### Assigned task
Copy out all lines from the entries below in which "unfoldable" occurs.

[Source records]

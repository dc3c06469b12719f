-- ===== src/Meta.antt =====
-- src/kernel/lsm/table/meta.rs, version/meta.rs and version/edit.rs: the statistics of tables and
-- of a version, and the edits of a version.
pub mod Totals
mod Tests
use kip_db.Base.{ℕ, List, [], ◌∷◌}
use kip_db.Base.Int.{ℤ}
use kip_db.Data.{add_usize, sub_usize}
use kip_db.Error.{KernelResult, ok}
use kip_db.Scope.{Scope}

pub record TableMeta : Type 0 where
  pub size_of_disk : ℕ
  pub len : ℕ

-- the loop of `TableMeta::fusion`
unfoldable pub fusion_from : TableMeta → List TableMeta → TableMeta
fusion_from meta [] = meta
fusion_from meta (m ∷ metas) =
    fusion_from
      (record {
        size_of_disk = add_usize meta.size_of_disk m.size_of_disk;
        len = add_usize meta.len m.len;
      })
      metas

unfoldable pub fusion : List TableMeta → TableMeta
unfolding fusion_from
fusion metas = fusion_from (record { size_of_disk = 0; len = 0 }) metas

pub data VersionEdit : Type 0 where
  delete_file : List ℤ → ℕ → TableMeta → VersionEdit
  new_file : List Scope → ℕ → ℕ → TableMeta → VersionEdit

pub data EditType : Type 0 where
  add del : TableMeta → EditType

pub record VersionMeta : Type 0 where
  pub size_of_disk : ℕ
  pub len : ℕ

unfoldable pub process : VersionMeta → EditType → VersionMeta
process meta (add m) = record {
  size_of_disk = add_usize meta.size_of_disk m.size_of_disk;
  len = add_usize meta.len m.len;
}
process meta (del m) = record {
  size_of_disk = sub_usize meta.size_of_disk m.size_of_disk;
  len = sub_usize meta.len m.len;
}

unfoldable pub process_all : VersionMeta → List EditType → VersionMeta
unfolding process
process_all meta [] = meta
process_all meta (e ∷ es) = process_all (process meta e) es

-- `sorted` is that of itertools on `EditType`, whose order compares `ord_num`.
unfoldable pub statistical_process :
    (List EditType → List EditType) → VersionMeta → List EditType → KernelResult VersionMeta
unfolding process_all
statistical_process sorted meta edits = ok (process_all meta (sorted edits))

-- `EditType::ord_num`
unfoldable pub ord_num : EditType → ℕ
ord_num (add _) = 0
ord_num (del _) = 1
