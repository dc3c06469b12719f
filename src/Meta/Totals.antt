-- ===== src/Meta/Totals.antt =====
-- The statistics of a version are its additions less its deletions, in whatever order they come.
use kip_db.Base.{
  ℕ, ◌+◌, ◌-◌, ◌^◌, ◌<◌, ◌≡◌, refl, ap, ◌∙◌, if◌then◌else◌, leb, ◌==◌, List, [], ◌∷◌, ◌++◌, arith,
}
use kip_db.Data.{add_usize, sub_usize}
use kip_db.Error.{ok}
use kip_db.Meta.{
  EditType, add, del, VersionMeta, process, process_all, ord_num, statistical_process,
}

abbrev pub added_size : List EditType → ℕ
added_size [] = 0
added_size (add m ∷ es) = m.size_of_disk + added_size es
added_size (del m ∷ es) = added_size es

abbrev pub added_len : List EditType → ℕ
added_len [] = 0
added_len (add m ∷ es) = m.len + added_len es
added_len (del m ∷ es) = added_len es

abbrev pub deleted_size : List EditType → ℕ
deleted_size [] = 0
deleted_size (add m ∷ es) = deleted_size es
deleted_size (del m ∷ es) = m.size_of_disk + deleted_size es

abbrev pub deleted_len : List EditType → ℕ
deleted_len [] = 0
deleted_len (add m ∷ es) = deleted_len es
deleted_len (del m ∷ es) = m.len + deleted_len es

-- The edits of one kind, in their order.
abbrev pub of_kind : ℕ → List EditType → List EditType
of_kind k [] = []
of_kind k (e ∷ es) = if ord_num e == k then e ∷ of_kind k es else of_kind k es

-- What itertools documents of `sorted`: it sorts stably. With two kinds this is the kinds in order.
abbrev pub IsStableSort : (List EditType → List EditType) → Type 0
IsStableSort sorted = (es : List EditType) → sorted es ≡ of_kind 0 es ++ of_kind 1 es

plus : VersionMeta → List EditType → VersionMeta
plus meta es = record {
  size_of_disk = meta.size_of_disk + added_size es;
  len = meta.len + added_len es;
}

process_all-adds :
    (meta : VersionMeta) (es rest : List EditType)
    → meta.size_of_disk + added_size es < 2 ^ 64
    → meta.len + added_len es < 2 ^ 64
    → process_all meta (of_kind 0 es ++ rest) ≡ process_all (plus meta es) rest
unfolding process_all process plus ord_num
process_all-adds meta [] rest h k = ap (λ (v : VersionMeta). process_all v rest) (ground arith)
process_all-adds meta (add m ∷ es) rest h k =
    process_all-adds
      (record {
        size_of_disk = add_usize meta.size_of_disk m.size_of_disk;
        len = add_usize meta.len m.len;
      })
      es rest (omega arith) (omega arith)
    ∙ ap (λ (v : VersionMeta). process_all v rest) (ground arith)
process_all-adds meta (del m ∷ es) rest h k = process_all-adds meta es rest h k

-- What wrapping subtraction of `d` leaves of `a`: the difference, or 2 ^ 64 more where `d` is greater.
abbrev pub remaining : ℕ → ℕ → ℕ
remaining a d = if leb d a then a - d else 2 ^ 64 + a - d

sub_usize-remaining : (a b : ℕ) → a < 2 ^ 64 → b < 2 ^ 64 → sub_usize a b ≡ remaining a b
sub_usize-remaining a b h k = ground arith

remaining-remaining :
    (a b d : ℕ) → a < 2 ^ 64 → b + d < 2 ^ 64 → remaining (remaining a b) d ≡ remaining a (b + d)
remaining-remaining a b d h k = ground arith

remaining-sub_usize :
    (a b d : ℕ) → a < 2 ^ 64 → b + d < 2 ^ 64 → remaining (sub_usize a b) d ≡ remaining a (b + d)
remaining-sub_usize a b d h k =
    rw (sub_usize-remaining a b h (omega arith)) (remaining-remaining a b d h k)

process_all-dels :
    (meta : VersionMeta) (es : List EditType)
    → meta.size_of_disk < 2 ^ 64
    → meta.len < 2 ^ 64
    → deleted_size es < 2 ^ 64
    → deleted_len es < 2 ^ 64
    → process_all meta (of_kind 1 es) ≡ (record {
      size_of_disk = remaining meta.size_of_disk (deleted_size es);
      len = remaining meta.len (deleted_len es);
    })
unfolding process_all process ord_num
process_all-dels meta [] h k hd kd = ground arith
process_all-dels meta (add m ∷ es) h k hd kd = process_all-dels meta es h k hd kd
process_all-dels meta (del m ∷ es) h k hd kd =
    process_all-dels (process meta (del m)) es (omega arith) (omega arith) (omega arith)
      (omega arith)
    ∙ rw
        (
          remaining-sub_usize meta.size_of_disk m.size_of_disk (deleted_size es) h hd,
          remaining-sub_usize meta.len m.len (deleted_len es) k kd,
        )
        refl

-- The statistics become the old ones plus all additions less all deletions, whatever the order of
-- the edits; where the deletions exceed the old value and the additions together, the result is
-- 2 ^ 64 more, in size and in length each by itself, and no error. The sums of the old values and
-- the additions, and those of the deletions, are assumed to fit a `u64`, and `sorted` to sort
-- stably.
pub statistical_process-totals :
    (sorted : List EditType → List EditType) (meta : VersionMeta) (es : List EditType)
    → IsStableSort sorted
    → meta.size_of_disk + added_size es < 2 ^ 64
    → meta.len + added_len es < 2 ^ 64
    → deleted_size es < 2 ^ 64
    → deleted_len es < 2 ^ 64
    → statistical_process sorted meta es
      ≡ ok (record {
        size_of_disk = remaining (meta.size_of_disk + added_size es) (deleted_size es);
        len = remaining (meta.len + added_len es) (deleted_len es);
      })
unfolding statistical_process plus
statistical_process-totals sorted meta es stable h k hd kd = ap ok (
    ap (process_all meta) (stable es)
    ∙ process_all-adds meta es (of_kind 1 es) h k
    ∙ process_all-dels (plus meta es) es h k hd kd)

### Answer section
unfoldable pub fusion_from : TableMeta → List TableMeta → TableMeta
unfoldable pub fusion : List TableMeta → TableMeta
unfoldable pub process : VersionMeta → EditType → VersionMeta
unfoldable pub process_all : VersionMeta → List EditType → VersionMeta
unfoldable pub statistical_process :
unfoldable pub ord_num : EditType → ℕ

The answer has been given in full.